**PROBLEM TO SOLVE:** Reproduce each line of the entries that carries "nonce".

---------- EXERCISE MATERIAL

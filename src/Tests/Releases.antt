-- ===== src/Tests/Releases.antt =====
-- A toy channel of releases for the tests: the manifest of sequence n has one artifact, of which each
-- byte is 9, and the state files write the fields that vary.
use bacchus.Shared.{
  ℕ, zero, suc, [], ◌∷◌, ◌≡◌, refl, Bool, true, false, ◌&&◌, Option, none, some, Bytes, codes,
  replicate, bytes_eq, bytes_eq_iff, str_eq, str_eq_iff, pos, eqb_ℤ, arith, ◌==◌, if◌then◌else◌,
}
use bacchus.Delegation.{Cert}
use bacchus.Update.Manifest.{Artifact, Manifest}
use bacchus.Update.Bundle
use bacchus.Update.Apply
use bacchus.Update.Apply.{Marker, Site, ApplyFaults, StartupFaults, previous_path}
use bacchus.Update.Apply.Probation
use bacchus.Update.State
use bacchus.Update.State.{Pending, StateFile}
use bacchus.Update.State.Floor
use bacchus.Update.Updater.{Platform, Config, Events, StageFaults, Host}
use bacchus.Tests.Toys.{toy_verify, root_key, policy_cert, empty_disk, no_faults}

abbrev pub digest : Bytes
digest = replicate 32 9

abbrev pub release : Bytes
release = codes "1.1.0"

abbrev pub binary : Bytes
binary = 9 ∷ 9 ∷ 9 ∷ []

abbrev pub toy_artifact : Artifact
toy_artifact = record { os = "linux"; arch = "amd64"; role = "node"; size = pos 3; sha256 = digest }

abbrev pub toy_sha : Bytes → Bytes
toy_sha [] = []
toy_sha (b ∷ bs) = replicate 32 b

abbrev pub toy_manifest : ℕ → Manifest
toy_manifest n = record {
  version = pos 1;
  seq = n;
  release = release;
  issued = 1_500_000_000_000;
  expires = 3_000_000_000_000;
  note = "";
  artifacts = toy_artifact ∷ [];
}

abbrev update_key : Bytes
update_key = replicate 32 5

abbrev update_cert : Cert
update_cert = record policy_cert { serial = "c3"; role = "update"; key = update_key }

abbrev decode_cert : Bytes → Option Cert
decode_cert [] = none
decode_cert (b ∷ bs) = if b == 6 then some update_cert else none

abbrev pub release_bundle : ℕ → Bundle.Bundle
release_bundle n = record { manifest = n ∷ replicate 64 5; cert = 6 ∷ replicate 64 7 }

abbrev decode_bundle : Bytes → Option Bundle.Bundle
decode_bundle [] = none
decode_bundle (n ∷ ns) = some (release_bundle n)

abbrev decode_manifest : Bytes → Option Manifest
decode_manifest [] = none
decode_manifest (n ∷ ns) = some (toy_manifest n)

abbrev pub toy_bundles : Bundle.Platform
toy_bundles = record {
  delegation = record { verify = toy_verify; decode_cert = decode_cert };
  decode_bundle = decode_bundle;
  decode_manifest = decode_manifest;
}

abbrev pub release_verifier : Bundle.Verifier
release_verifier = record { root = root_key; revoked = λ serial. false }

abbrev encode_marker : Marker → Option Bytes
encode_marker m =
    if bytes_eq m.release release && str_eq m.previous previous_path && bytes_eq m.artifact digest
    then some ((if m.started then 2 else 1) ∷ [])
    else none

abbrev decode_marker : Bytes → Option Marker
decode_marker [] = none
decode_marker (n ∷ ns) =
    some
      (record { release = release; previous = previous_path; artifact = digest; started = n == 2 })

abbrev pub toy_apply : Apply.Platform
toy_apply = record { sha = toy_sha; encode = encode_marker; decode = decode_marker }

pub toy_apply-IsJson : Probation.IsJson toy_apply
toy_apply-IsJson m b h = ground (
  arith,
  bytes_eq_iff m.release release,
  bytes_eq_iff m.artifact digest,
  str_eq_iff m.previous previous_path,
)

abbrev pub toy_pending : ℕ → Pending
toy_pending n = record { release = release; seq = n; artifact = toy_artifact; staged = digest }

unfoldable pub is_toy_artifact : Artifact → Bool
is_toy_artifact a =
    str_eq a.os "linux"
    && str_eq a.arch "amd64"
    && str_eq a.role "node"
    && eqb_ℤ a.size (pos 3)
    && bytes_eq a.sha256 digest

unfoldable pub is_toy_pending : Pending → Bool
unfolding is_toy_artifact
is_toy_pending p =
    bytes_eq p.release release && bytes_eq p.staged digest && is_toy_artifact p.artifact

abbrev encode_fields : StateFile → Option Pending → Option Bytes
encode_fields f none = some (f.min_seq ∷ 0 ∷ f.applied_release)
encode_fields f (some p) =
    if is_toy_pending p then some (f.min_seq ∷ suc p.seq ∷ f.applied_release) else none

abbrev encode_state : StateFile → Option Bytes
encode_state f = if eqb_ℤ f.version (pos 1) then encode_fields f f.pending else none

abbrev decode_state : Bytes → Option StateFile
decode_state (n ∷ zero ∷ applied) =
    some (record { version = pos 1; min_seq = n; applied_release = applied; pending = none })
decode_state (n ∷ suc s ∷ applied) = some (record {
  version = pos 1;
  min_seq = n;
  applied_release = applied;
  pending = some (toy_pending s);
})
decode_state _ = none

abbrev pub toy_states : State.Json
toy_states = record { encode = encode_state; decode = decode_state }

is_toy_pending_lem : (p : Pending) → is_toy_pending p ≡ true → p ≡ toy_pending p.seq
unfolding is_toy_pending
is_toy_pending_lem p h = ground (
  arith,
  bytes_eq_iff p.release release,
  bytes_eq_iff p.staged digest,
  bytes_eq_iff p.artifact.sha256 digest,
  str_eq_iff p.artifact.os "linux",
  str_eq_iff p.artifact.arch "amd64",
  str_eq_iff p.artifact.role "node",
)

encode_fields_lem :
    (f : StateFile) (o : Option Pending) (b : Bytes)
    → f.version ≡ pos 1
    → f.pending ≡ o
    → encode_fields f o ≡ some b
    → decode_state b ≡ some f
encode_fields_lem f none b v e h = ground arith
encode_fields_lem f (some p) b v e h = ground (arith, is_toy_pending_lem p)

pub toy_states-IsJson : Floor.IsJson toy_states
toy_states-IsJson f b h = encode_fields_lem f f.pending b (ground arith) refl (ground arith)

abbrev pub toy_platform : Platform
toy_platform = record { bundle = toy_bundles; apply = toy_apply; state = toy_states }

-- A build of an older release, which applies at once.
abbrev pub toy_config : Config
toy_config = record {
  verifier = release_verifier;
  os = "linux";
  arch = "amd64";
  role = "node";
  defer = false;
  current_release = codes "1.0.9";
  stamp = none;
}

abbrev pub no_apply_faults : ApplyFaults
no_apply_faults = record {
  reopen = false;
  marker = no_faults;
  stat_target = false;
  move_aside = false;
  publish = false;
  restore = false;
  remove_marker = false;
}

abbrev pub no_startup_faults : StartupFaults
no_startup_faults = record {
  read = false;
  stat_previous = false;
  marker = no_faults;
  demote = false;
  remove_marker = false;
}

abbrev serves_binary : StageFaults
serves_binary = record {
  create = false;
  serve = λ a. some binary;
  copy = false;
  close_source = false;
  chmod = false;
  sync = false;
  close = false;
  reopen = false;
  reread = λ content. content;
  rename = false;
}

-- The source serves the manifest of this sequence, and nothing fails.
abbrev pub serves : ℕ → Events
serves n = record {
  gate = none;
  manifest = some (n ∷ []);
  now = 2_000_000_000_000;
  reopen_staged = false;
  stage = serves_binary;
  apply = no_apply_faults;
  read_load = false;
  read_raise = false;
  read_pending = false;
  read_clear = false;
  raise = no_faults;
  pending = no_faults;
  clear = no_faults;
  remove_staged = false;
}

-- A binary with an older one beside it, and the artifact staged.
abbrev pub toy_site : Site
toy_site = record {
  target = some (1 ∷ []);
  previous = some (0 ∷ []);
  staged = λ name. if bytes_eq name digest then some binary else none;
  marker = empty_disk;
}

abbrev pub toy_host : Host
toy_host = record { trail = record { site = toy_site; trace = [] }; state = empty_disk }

--------------------
---------- EXERCISE MATERIAL

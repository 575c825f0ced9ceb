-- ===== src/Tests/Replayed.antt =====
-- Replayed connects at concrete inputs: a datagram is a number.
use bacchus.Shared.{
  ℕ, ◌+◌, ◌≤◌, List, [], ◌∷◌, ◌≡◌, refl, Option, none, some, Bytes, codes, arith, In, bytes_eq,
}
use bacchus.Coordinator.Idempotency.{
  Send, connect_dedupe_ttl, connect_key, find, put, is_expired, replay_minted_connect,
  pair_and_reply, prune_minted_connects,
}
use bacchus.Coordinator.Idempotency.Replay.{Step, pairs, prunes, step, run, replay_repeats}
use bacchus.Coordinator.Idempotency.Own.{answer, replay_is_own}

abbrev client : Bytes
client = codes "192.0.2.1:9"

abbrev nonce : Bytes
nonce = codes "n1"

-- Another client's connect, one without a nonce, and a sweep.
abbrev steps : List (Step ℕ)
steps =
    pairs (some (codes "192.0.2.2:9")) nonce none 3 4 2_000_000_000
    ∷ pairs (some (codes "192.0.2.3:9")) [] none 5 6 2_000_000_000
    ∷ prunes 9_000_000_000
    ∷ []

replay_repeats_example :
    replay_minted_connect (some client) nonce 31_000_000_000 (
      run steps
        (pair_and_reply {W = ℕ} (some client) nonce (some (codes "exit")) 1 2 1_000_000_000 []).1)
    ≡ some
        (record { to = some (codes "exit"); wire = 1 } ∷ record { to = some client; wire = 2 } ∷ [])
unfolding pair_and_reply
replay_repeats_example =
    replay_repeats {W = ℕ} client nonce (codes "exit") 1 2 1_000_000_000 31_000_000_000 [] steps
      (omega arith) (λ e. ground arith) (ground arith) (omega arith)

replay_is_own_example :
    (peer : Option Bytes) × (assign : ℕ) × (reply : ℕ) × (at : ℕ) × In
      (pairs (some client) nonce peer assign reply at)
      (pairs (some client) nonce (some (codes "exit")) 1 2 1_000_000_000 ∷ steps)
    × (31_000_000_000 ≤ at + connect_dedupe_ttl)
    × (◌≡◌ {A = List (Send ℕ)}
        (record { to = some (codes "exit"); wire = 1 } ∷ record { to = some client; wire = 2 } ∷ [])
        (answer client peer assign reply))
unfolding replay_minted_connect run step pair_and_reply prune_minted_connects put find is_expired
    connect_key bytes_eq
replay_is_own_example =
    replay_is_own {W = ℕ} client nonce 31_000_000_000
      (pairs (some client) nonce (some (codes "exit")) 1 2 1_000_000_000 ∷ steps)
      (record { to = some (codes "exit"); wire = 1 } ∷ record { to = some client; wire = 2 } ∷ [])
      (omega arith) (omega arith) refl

--------------------

**EXERCISE ANSWER:**
abbrev nonce : Bytes
nonce = codes "n1"
-- Another client's connect, one without a nonce, and a sweep.
    pairs (some (codes "192.0.2.2:9")) nonce none 3 4 2_000_000_000
    replay_minted_connect (some client) nonce 31_000_000_000 (
        (pair_and_reply {W = ℕ} (some client) nonce (some (codes "exit")) 1 2 1_000_000_000 []).1)
    replay_repeats {W = ℕ} client nonce (codes "exit") 1 2 1_000_000_000 31_000_000_000 [] steps
      (pairs (some client) nonce peer assign reply at)
      (pairs (some client) nonce (some (codes "exit")) 1 2 1_000_000_000 ∷ steps)
    replay_is_own {W = ℕ} client nonce 31_000_000_000
      (pairs (some client) nonce (some (codes "exit")) 1 2 1_000_000_000 ∷ steps)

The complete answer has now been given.